=== Work item ===
Retype exactly the lines from the one that contains "k (ok tt) n" through the final line of the material below, and add nothing else.
--------------------------------
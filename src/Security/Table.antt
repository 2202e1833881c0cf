-- ===== src/Security/Table.antt =====
-- The capability table as a finite map from ids to tokens.
use brane_os.Prelude.{
  ℕ, ◌+◌, ◌^◌, ◌<◌, ◌≡◌, refl, ◌∙◌, subst, ◌⊎◌, inl, inr, Bool, true, false, Option, none, some,
  length, length-replicate, Result, ok, err, ◌==◌, if◌then◌else◌, arith, Option-cases, Bool-cases,
}
use brane_os.Prelude.Slots.{
  fill_free, find, clear, fill_free-none, fill_free-some, length-clear, used-clear,
}
use brane_os.Prelude.Slots.Keyed.{
  Keyed, Keyed-replicate, find-fill_free, fill_free-Keyed, find-clear, clear-Keyed,
}
use brane_os.Security.{
  CapabilityManager, Capability, CapScope, CapPermissions, CapError, RiskLevel, max_capabilities,
  new, token, grant_cap, revoke_cap, has_id, active_count, table_full, permission_denied, not_found,
}

-- Ids are distinct and were all handed out before `next_id`.
pub record IsValid (m : CapabilityManager) : Type 0 where
  pub sized : length m.capabilities ≡ max_capabilities
  pub keyed : Keyed (λ c. c.id) m.next_id m.capabilities
  pub counter : m.next_id < 2 ^ 64

unfoldable pub lookup : CapabilityManager → ℕ → Option Capability
lookup m k = find (has_id k) m.capabilities

pub new-IsValid : IsValid new
unfolding new
new-IsValid = record {
  sized = length-replicate max_capabilities none;
  keyed = Keyed-replicate (λ c. c.id) 1 max_capabilities;
  counter = omega arith;
}

-- The table after a token was stored under a fresh id.
pub record Granted (m : CapabilityManager) (cap : Capability) (n : CapabilityManager) : Type 0 where
  pub had_room : active_count m < max_capabilities
  pub one_more : active_count n ≡ active_count m + 1
  pub moved : n.next_id ≡ m.next_id + 1
  pub found : (k : ℕ) → lookup n k ≡ (if m.next_id == k then some cap else lookup m k)
  pub valid : IsValid n

-- What a grant does, on both branches, while ids are left: with a free slot it hands out the next id
-- and the lookup gains exactly the new token; with 256 tokens it answers `TableFull` and changes
-- nothing.
pub grant_cap_lem :
    (m : CapabilityManager) (owner : ℕ) (scope : CapScope) (perms : CapPermissions)
    (risk : RiskLevel) (revocable : Bool)
    → IsValid m
    → m.next_id + 1 < 2 ^ 64
    → let (r, n) = grant_cap m owner scope perms risk revocable in
      ((r ≡ ok m.next_id) × Granted m (token m.next_id owner scope perms risk revocable) n)
      ⊎ ((active_count m ≡ max_capabilities) × (r ≡ err table_full) × (n ≡ m))
unfolding grant_cap active_count lookup token
grant_cap_lem m owner scope perms risk revocable v room =
    elim (Option-cases (fill_free cap m.capabilities)) [
      | inl full ↦
          rw (full, grant_cap) (inr (fill_free-none cap m.capabilities full ∙ v.sized, refl, refl))
      | inr (slots, e) ↦
          let counts = fill_free-some cap m.capabilities e in
          rw (e, grant_cap)
            (inl (
              refl,
              record {
                had_room = omega (arith, v.sized, counts.1);
                one_more = counts.0;
                moved = omega arith;
                found =
                    λ k. find-fill_free (λ c. c.id) m.next_id k cap m.capabilities v.keyed refl e;
                valid = record {
                  sized = counts.2 ∙ v.sized;
                  keyed =
                      subst (λ n. Keyed (λ c. c.id) n slots) (omega arith)
                        (fill_free-Keyed (λ c. c.id) m.next_id cap m.capabilities v.keyed refl e);
                  counter = omega arith;
                };
              },
            ))
    ]
  where
    cap : Capability
    cap = token m.next_id owner scope perms risk revocable

-- The table after the token under `k` was taken out.
pub record Revoked (m : CapabilityManager) (k : ℕ) (n : CapabilityManager) : Type 0 where
  pub kept_counter : n.next_id ≡ m.next_id
  pub one_less : active_count n + 1 ≡ active_count m
  pub found : (j : ℕ) → lookup n j ≡ (if k == j then none else lookup m j)
  pub valid : IsValid n

-- The three outcomes of a revocation.
pub data Revocation (m : CapabilityManager) (k : ℕ)
    : Result (Unit {0}) CapError → CapabilityManager → Type 0 where
  missing : lookup m k ≡ none → Revocation m k (err not_found) m
  irrevocable :
      (c : Capability)
      → lookup m k ≡ some c
      → c.revocable ≡ false
      → Revocation m k (err permission_denied) m
  revoked :
      (c : Capability) (n : CapabilityManager)
      → lookup m k ≡ some c
      → c.revocable ≡ true
      → Revoked m k n
      → Revocation m k (ok tt) n

-- A revocation takes out the token under the id if it is there and revocable; otherwise it answers
-- `NotFound` or `PermissionDenied` and changes nothing. No other token is touched.
pub revoke_cap_lem :
    (m : CapabilityManager) (k : ℕ)
    → IsValid m
    → Revocation m k (revoke_cap m k).0 (revoke_cap m k).1
unfolding revoke_cap active_count lookup
revoke_cap_lem m k v = elim (Option-cases (lookup m k)) [
  | inl e ↦ rw (e, revoke_cap) (missing e)
  | inr (c, e) ↦ elim (Bool-cases c.revocable) [
    | inl yes' ↦ rw (e, revoke_cap, yes') (revoked c _ e yes' (taken c e))
    | inr no' ↦ rw (e, revoke_cap, no') (irrevocable c e no')
  ]
]
  where
    taken :
        (c : Capability)
        → lookup m k ≡ some c
        → Revoked m k (record m { capabilities = clear (has_id k) m.capabilities })
    taken c e = record {
      kept_counter = refl;
      one_less = used-clear (has_id k) m.capabilities e;
      found = λ j. find-clear (λ c. c.id) m.next_id j k m.capabilities v.keyed;
      valid = record {
        sized = length-clear (has_id k) m.capabilities ∙ v.sized;
        keyed = clear-Keyed (λ c. c.id) m.next_id k m.capabilities v.keyed;
        counter = v.counter;
      };
    }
--------------------------------
=== Written response ===
      → Revocation m k (ok tt) n

-- A revocation takes out the token under the id if it is there and revocable; otherwise it answers
-- `NotFound` or `PermissionDenied` and changes nothing. No other token is touched.
pub revoke_cap_lem :
    (m : CapabilityManager) (k : ℕ)
    → IsValid m
    → Revocation m k (revoke_cap m k).0 (revoke_cap m k).1
unfolding revoke_cap active_count lookup
revoke_cap_lem m k v = elim (Option-cases (lookup m k)) [
  | inl e ↦ rw (e, revoke_cap) (missing e)
  | inr (c, e) ↦ elim (Bool-cases c.revocable) [
    | inl yes' ↦ rw (e, revoke_cap, yes') (revoked c _ e yes' (taken c e))
    | inr no' ↦ rw (e, revoke_cap, no') (irrevocable c e no')
  ]
]
  where
    taken :
        (c : Capability)
        → lookup m k ≡ some c
        → Revoked m k (record m { capabilities = clear (has_id k) m.capabilities })
    taken c e = record {
      kept_counter = refl;
      one_less = used-clear (has_id k) m.capabilities e;
      found = λ j. find-clear (λ c. c.id) m.next_id j k m.capabilities v.keyed;
      valid = record {
        sized = length-clear (has_id k) m.capabilities ∙ v.sized;
        keyed = clear-Keyed (λ c. c.id) m.next_id k m.capabilities v.keyed;
        counter = v.counter;
      };
    }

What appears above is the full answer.